3. La criminalisation victimise, oppresse et met en danger les femmes : en appliquant ces lois on aggrave la vulnérabilité des femmes.


4. Les lois et les poursuites qui criminalisent sont appliquées de façon sélective et injuste : ce sont souvent les individus des groupes les plus vulnérables (sex workers, MSM, Africains immigrés en Europe) qui sont poursuivis.


5. La criminalisation pointe la faute sur une seule personne au lieu de faire porter la responsabilité sur les deux : le monde entier sait que les relations sexuelles sont potentiellement porteuses d’un danger. On ne peut plus prétendre que la personne séropositive est seule responsable pour avoir apporté ce risque dans l’environnement.


6. Les lois criminalisant la transmission du VIH sont difficilement applicables et humiliantes : quand il y a intention délibérée, il est facile d’utiliser l’arsenal judiciaire existant, mais il n’y a pas besoin de loi spécifique pour cela. Quand il n’y a pas intention délibérée, ces lois ne font qu’introduire de l’incertitude.
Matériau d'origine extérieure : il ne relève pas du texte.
-- ===== src/StopWatch/Shared.antt =====
-- `AtomicStopwatch`: threads that call `compareAndRestart` or `compareAndRestartDeferred` on one
-- watch, and the `Lock` that the second one returns. A step is one access of `start_ns` or one
-- look at the clock; what is computed between them is local. A threshold is given in nanoseconds.
pub mod Exclusive
mod Tests
use network_demo.Base.{
  ℕ, zero, suc, ◌+◌, ◌%◌, ◌^◌, Bool, true, false, List, [], ◌∷◌, ltb, leb, ◌==◌, ◌&&◌,
  if◌then◌else◌,
}
use network_demo.Base.Words.{add_size}
use network_demo.Base.Family.{update}
use network_demo.StopWatch.{Timespec, nanoseconds}

-- `AtomicStopwatch::nanoseconds`: the highest bit is cleared.
pub unlocked_nanoseconds : Timespec → ℕ
unfolding nanoseconds
unlocked_nanoseconds ts = nanoseconds ts % 2 ^ 63

-- `start_ns & 0x8000000000000000`
abbrev pub is_locked : ℕ → Bool
is_locked start_ns = leb (2 ^ 63) start_ns

-- `current_ns | 0x8000000000000000`, of a number of 63 bits.
abbrev pub lock_bit : ℕ → ℕ
lock_bit current_ns = current_ns + 2 ^ 63

-- The call that a thread makes, with its threshold.
pub data Call : Type 0 where
  restart restart_deferred : (threshold : ℕ) → Call

pub data Pc : Type 0 where
  -- at `current_ns = nanoseconds()`
  ready : Pc
  -- at `current_start_ns = start_ns`
  sampled : (current_ns : ℕ) → Pc
  -- at the head of the loop
  looping : (current_ns current_start_ns : ℕ) → Pc
  -- with the `Lock` in its hands
  holding : Pc
  -- back, with what the call said
  returned : Bool → Pc

-- What a step finds outside: the clock, and whether `compare_exchange_weak` fails without cause.
pub record Chance : Type 0 where
  pub now : Timespec
  pub spurious : Bool

-- `start_ns.compare_exchange_weak(current_start_ns, desired)`, and where it leads.
pub exchange : Bool → ℕ → ℕ → ℕ → ℕ → Pc → ℕ × Pc
exchange spurious start_ns current_ns current_start_ns desired success =
    if start_ns == current_start_ns
    then (if spurious then (start_ns, looping current_ns start_ns) else (desired, success))
    else (start_ns, looping current_ns start_ns)

-- One round of the loop.
pub round : Call → Bool → ℕ → ℕ → ℕ → ℕ × Pc
unfolding exchange
round (restart threshold) spurious start_ns current_ns current_start_ns =
    if ltb current_ns (add_size current_start_ns threshold)
    then (start_ns, returned false)
    else exchange spurious start_ns current_ns current_start_ns current_ns (returned true)
round (restart_deferred threshold) spurious start_ns current_ns current_start_ns =
    if is_locked current_start_ns
    then (start_ns, returned false)
    else if ltb current_ns (add_size current_start_ns threshold)
    then (start_ns, returned false)
    else exchange spurious start_ns current_ns current_start_ns (lock_bit current_ns) holding

pub step : Call → Chance → ℕ → Pc → ℕ × Pc
unfolding round unlocked_nanoseconds
step call c start_ns ready = (start_ns, sampled (unlocked_nanoseconds c.now))
step call c start_ns (sampled current_ns) = (start_ns, looping current_ns start_ns)
step call c start_ns (looping current_ns current_start_ns) =
    round call c.spurious start_ns current_ns current_start_ns
-- `~Lock` restarts the watch.
step call c start_ns holding = (unlocked_nanoseconds c.now, returned true)
step call c start_ns (returned r) = (start_ns, returned r)

pub record System : Type 0 where
  pub start_ns : ℕ
  pub pc : ℕ → Pc

-- The constructor restarts the watch.
pub init : Timespec → System
unfolding unlocked_nanoseconds
init now = record { start_ns = unlocked_nanoseconds now; pc = λ id. ready }

pub turn : (ℕ → Call) → System → ℕ × Chance → System
unfolding step
turn calls s (id, c) =
    let (start_ns, p) = step (calls id) c s.start_ns (s.pc id) in
    record { start_ns = start_ns; pc = update s.pc id p }

pub run : (ℕ → Call) → ℕ → System → List (ℕ × Chance) → System
unfolding turn
run calls threads s [] = s
run calls threads s ((id, c) ∷ events) =
    run calls threads (if ltb id threads then turn calls s (id, c) else s) events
7. La plupart de ces lois sont très mal rédigées : elles sont parfois tellement vagues que de simples gestes d’affection peuvent être poursuivis.


8. La criminalisation renforce la discrimination : ces lois spécifiques nourrissent la conviction que le VIH est une condition honteuse, dégradante et repoussante qui nécessite des mesures d’isolement des personnes atteintes.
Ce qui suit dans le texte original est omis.